Nguyễn in Vietnam: perché il cognome più diffuso

Perché metà del Vietnam porta il cognome Nguyễn: storia
By © Vyacheslav Argenberg / http://www.vascoplanet.com/, CC BY 4.0, Link

Scopri perché il cognome Nguyễn è il più comune in Vietnam: origini dalla dinastia Nguyễn, percentuali, impatto su identità e burocrazia pubblica e locale.

Quando pensiamo al Vietnam, compaiono subito motorini, street food, caffè con latte condensato e risaie di un verde brillante. C’è poi un dettaglio che spesso sfugge: quasi una persona su due porta lo stesso cognome — Nguyễn. Non è un caso: la storia di quel cognome è strettamente intrecciata con il percorso del Paese.

Come è iniziato

Il cognome Nguyễn (pronunciato più o meno “Nguen”) è comparso in Vietnam secoli fa. Ha radici cinesi e, all’inizio, non era particolarmente diffuso. Tutto cambiò agli inizi dell’Ottocento, quando la dinastia Nguyễn salì al potere e governò per più di cent’anni.

All’epoca adottare il cognome dei sovrani era un segnale di rispetto e lealtà. In seguito, quando i rapporti di forza mutavano, molti lo conservarono per evitare guai, perché le nuove autorità potevano guardare con sospetto chi aveva altri cognomi o legami con famiglie considerate “sbagliate”.

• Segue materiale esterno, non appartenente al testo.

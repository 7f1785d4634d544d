-- ===== src/Webhooks/Model.antt =====
-- The row of backend/poi_admin/webhooks/models.py. A time is a number of microseconds.
use poi_hub.Base.{ℕ, String, Bool, true, false, Option, ◌&&◌, ◌==◌}
use poi_hub.Base.Json.{Fields}

-- the texts that the code writes to the column `status`
pub data EventStatus : Type 0 where
  received processing processed retry_wait failed dead_letter : EventStatus

-- `WebhookEvent`
pub record Event : Type 0 where
  pub id : String
  pub tenant_id : String
  pub connection_id : String
  pub fingerprint : String
  pub event_type : String
  pub payload : Fields
  pub encrypted_payload : Option String
  pub status : EventStatus
  pub attempt_count : ℕ
  pub max_attempts : ℕ
  pub error_message : Option String
  pub worker_id : Option String
  pub lease_expires_at : Option ℕ
  pub next_attempt_at : ℕ
  pub received_at : ℕ
  pub processed_at : Option ℕ

-- `WebhookServiceError` by its code and status
pub record WebhookError : Type 0 where
  pub code : String
  pub status_code : ℕ

abbrev pub has_event_id : String → Event → Bool
has_event_id i e = e.id == i

-- the key of `uq_webhook_connection_fingerprint`
abbrev pub has_fingerprint : String → String → Event → Bool
has_fingerprint connection fingerprint e =
    e.connection_id == connection && e.fingerprint == fingerprint

-- `status in {"received", "retry_wait", "failed"}`
abbrev pub is_waiting : EventStatus → Bool
is_waiting received = true
is_waiting retry_wait = true
is_waiting failed = true
is_waiting _ = false

abbrev pub is_processing : EventStatus → Bool
is_processing processing = true
is_processing _ = false
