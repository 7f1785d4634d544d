-- ===== src/Webhooks/Inbox.antt =====
-- `WebhookService.ingest` and `retry` of backend/poi_admin/webhooks/service.py.
pub mod Once
use poi_hub.Base.{
  ℕ, String, Bool, true, false, not, Option, none, some, List, [], ◌∷◌, ◌++◌, ◌&&◌, ◌||◌, ◌==◌,
  if◌then◌else◌, ◌⊎◌, ◌≡◌,
}
use poi_hub.Base.Result.{Result, ok, err}
use poi_hub.Base.Rows.{find, write}
use poi_hub.Base.Json.{Json, str, Fields, get}
use poi_hub.Connections.Crypto.{redact_fields}
use poi_hub.Operations.Enqueue.{Connection}
use poi_hub.Webhooks.Model.{
  Event, EventStatus, received, processed, processing, is_waiting, WebhookError, has_event_id,
  has_fingerprint,
}

-- what one call draws on
pub record Draw : Type 0 where
  pub new_id : String
  pub now : ℕ

abbrev dead : EventStatus → Bool
dead EventStatus.dead_letter = true
dead _ = false

abbrev refuse : {A : Type 0} → String → ℕ → Result WebhookError A
refuse code status = err (record { code = code; status_code = status })

-- the status that `retry` accepts
unfoldable pub may_retry : EventStatus → Bool
may_retry s = is_waiting s || dead s

unfoldable pub retried : Event → Event
retried e = record e {
  status = received;
  attempt_count = 0;
  next_attempt_at = e.received_at;
  error_message = none;
  worker_id = none;
  lease_expires_at = none;
}

-- the event of a tenant
unfoldable is_event : String → String → Event → Bool
is_event tenant i e = e.tenant_id == tenant && e.id == i

unfoldable pub retry : String → String → List Event → Result WebhookError (Event × List Event)
unfolding is_event may_retry retried
retry tenant i table = elim (find (is_event tenant i) table) [
  | none ↦ refuse "webhook_not_found" 404
  | some e ↦
      if may_retry e.status
      then ok (retried e, write (is_event tenant i) retried table)
      else refuse "webhook_not_retryable" 409
]

-- `canonical` is the sorted JSON text of a payload, `sha256` the hexadecimal digest of a text, `seal`
-- is `encrypt_secret_bundle` under the key of the settings, and `py_str` is `str` of a value.
module _ (canonical : Fields → String) (sha256 : String → String) (seal : Fields → String)
    (py_str : Json → String) (webhook_max_attempts : ℕ) where
  unfoldable pub fingerprint : Fields → String
  fingerprint payload = sha256 (canonical payload)

  unfoldable pub event_type : Fields → String
  event_type payload = elim (get "Event" payload) [
    | some v ↦ py_str v
    | none ↦ elim (get "event" payload) [ some v ↦ py_str v | none ↦ "unknown" ]
  ]

  unfoldable pub new_event : Draw → Connection → Fields → Event
  unfolding fingerprint event_type
  new_event draw c payload = record {
    id = draw.new_id;
    tenant_id = c.tenant_id;
    connection_id = c.id;
    fingerprint = fingerprint payload;
    event_type = event_type payload;
    payload = redact_fields payload;
    encrypted_payload = some (seal payload);
    status = received;
    attempt_count = 0;
    max_attempts = webhook_max_attempts;
    error_message = none;
    worker_id = none;
    lease_expires_at = none;
    next_attempt_at = draw.now;
    received_at = draw.now;
    processed_at = none;
  }

  -- the event that a table has for the payload
  unfoldable pub known : Connection → Fields → List Event → Option Event
  unfolding fingerprint
  known c payload table = find (has_fingerprint c.id (fingerprint payload)) table

  -- The event, whether it was there before, and the table. `seen` is the table that the first query
  -- reads, and `table` the one at the commit, where the unique constraint decides.
  unfoldable pub ingest :
      List Connection
      → Draw
      → String
      → Fields
      → List Event
      → List Event
      → Result WebhookError ((Event × Bool) × List Event)
  unfolding known new_event
  ingest connections draw connection payload seen table =
      elim (find (λ (c : Connection). c.id == connection) connections) [
        | none ↦ refuse "connection_not_found" 404
        | some c ↦ elim (known c payload seen) [
          | some e ↦ ok ((e, true), table)
          | none ↦ elim (known c payload table) [
            | some e ↦ ok ((e, true), table)
            | none ↦ ok ((new_event draw c payload, false), table ++ new_event draw c payload ∷ [])
          ]
        ]
      ]
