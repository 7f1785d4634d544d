-- ===== src/Webhooks/Inbox/Once.antt =====
-- A callback that arrives again, of backend/poi_admin/webhooks/service.py.
use poi_hub.Base.{
  ℕ, String, ◌≡◌, refl, Bool, true, Option, none, some, List, [], ◌∷◌, ◌++◌, ◌==◌, ◌⊎◌, arith,
  eq_refl,
}
use poi_hub.Base.Result.{ok}
use poi_hub.Base.Rows.{find}
use poi_hub.Base.Rows.Laws.{find-append}
use poi_hub.Base.Json.{Json, Fields}
use poi_hub.Operations.Enqueue.{Connection}
use poi_hub.Webhooks.Model.{Event, has_fingerprint}
use poi_hub.Webhooks.Inbox.{Draw, fingerprint, new_event, known, ingest}

abbrev same_fingerprint : Event → Event → Bool
same_fingerprint a b = has_fingerprint a.connection_id a.fingerprint b

module _ (canonical : Fields → String) (sha256 : String → String) (seal : Fields → String)
    (py_str : Json → String) (webhook_max_attempts : ℕ) where
  abbrev pub knows : Connection → Fields → List Event → Option Event
  unfolding known
  knows c payload table = known canonical sha256 seal py_str webhook_max_attempts c payload table

  known-new :
      (draw : Draw) (c : Connection) (payload : Fields) (t : List Event)
      → knows c payload t ≡ none
      → knows c payload
          (t ++ new_event canonical sha256 seal py_str webhook_max_attempts draw c payload ∷ [])
        ≡ some (new_event canonical sha256 seal py_str webhook_max_attempts draw c payload)
  unfolding known new_event fingerprint
  known-new draw c payload t h =
      rw
        (
          find-append (has_fingerprint c.id (sha256 (canonical payload))) t
              (new_event canonical sha256 seal py_str webhook_max_attempts draw c payload),
          h,
          eq_refl c.id,
          eq_refl (sha256 (canonical payload)),
        )
        refl

  -- The first query read the table of the commit, or an older one without the callback. After a call
  -- that returned, the same payload for the same connection, whatever id and time it draws and
  -- whatever such table its query reads, is answered with the same event as a duplicate, and adds
  -- nothing.
  pub ingest-again :
      (connections : List Connection) (draw draw' : Draw) (connection : String) (payload : Fields)
      (c : Connection) (seen t seen' : List Event) (e : Event) (duplicate : Bool) (u : List Event)
      → find (λ (x : Connection). x.id == connection) connections ≡ some c
      → (knows c payload seen ≡ none) ⊎ (knows c payload seen ≡ knows c payload t)
      → (knows c payload seen' ≡ none) ⊎ (knows c payload seen' ≡ knows c payload u)
      → ingest canonical sha256 seal py_str webhook_max_attempts connections draw connection payload
          seen t
        ≡ ok ((e, duplicate), u)
      → ingest canonical sha256 seal py_str webhook_max_attempts connections draw' connection
          payload seen' u
        ≡ ok ((e, true), u)
  unfolding ingest
  ingest-again connections draw draw' connection payload c seen t seen' e duplicate u there read
        read' h =
      ground (arith, known-new draw c payload t)
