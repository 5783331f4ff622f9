-- ===== src/B64/Boundary.antt =====
-- The only exception of the decoder is `ValueError`.
use aitp_verifier_py.Text.{Text}
use aitp_verifier_py.Outcome.{
  Code, value_error, on_value_error, IsVerdict, IsVerdictUpTo, up_to_rules,
  on_value_error-IsVerdict,
}
use aitp_verifier_py.B64.{b64url_decode}

pub b64url_decode-up_to : (t : Text) → IsVerdictUpTo value_error (b64url_decode t)
unfolding b64url_decode
b64url_decode-up_to t = search up_to_rules

pub b64url_decode-IsVerdict : (c : Code) (t : Text) → IsVerdict (on_value_error c (b64url_decode t))
b64url_decode-IsVerdict c t = on_value_error-IsVerdict c (b64url_decode-up_to t)
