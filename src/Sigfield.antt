-- ===== src/Sigfield.antt =====
-- aitp_verifier/sigfield.py: algorithm-tagged signature fields (RFC-AITP-0001 §5.4.3).
use aitp_verifier_py.Prelude.{
  Bool, true, false, not, Option, none, some, ◌==◌, if◌then◌else◌, length,
}
use aitp_verifier_py.Text.{Text, Bytes, txt, text_eq, partition}
use aitp_verifier_py.Json.{Value, str}
use aitp_verifier_py.Outcome.{Code, Result, ok, err, raise_if, on_value_error, ◌>>=◌, ◌>>◌}
use aitp_verifier_py.B64.{b64url_decode}
use aitp_verifier_py.Crypto.{Alg, ed25519, p256}

abbrev pub same_alg : Alg → Alg → Bool
same_alg ed25519 ed25519 = true
same_alg p256 p256 = true
same_alg _ _ = false

-- `tag not in ("ed25519", "p256")` is `none`.
unfoldable pub tag_alg : Text → Option Alg
unfolding txt text_eq
tag_alg tag =
    if text_eq tag (txt "ed25519")
    then some ed25519
    else if text_eq tag (txt "p256")
    then some p256
    else none

-- The declared algorithm and the body: untagged is Ed25519, and a tag is what stands before the
-- first dot.
unfoldable pub split_tag : Text → Option (Alg × Text)
unfolding partition
split_tag sig =
    let (tag, dotted, body) = partition b'.' sig in
    if dotted
    then elim (tag_alg tag) [ none ↦ none | some a ↦ some (a, body) ]
    else some (ed25519, sig)

unfoldable pub raw_signature : Text → Code → Result Bytes
raw_signature body sig_err = do
  raw ← on_value_error sig_err (b64url_decode body)
  raise_if (not (length raw == 64)) sig_err
  ok raw

-- `decode_tagged_signature_for` on a string; on any other value it is `sig_err`.
unfoldable pub decode_tagged_text : Text → Alg → Code → Result Bytes
decode_tagged_text sig alg sig_err = elim (split_tag sig) [
  | none ↦ err sig_err
  | some (a, body) ↦ if same_alg a alg then raw_signature body sig_err else err sig_err
]

unfoldable pub decode_tagged_signature : Value → Alg → Code → Result Bytes
decode_tagged_signature (str sig) alg sig_err = decode_tagged_text sig alg sig_err
decode_tagged_signature _ alg sig_err = err sig_err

Così Nguyễn è diventato il cognome più diffuso del Paese — un primato che mantiene ancora oggi.

Quante persone lo portano?

Secondo varie stime, circa il 40% dei vietnamiti porta il cognome Nguyễn. In pratica, significa che quasi ogni secondo residente lo condivide.

Per confronto, negli Stati Uniti meno dell’1% delle persone ha il cognome più comune, Smith.

Perché è andata così?

Le ragioni sono diverse. Anzitutto, come detto, in molti adottarono volontariamente il cognome durante la dinastia Nguyễn.

Inoltre si rivelò comodo: neutro e “sicuro”. Lo sceglievano quando volevano tenere un profilo basso, ricominciare da capo o semplicemente evitare di farsi notare.

Infine, come in molti Paesi, i cognomi si trasmettono per linea maschile, e a ogni generazione il numero dei portatori è cresciuto.

Colpisce anche quanto uniformemente il nome si sia diffuso sulla mappa: Nguyễn lo si incontra ovunque, dai villaggi di montagna ai mercati galleggianti del sud.

In cosa è diverso dagli altri Paesi?

Altrove i cognomi aiutano a distinguere le persone. In Vietnam, dove ogni due persone una può essere un Nguyễn, il solo cognome non basta. Si fa più attenzione al nome completo, in particolare al secondo nome e alla pronuncia precisa: il vietnamita è fortemente tonale e l’intonazione può cambiare il significato.

Oltre i confini del Paese, Nguyễn è diventato anche un tratto riconoscibile delle comunità vietnamite nel mondo. Negli elenchi telefonici all’estero, lunghe colonne con questo cognome spesso superano qualsiasi altro.

Ci sono problemi?

Sì, soprattutto tecnici. Scuole, ospedali e uffici pubblici si imbattono regolarmente in persone con lo stesso nome e cognome, con il rischio di confusione. Le banche dati devono aggiungere identificatori extra — come data di nascita o indirizzo — per distinguere le persone.

Allo stesso tempo, per molti portare il cognome Nguyễn significa sentirsi parte di una grande “famiglia”, un’identità condivisa che alimenta il senso di appartenenza. È un motivo di orgoglio discreto.

Cosa ci aspetta?

Non ci sono segnali che Nguyễn stia perdendo terreno. Col passare del tempo, qualcuno potrebbe scegliere altri cognomi — complici matrimoni internazionali o tradizioni che cambiano — ma al momento non è quello che si vede.

In ogni caso, Nguyễn è più di una riga sul passaporto: è una storia in miniatura che mostra quanto intimamente i nomi personali possano rispecchiare il destino di un Paese.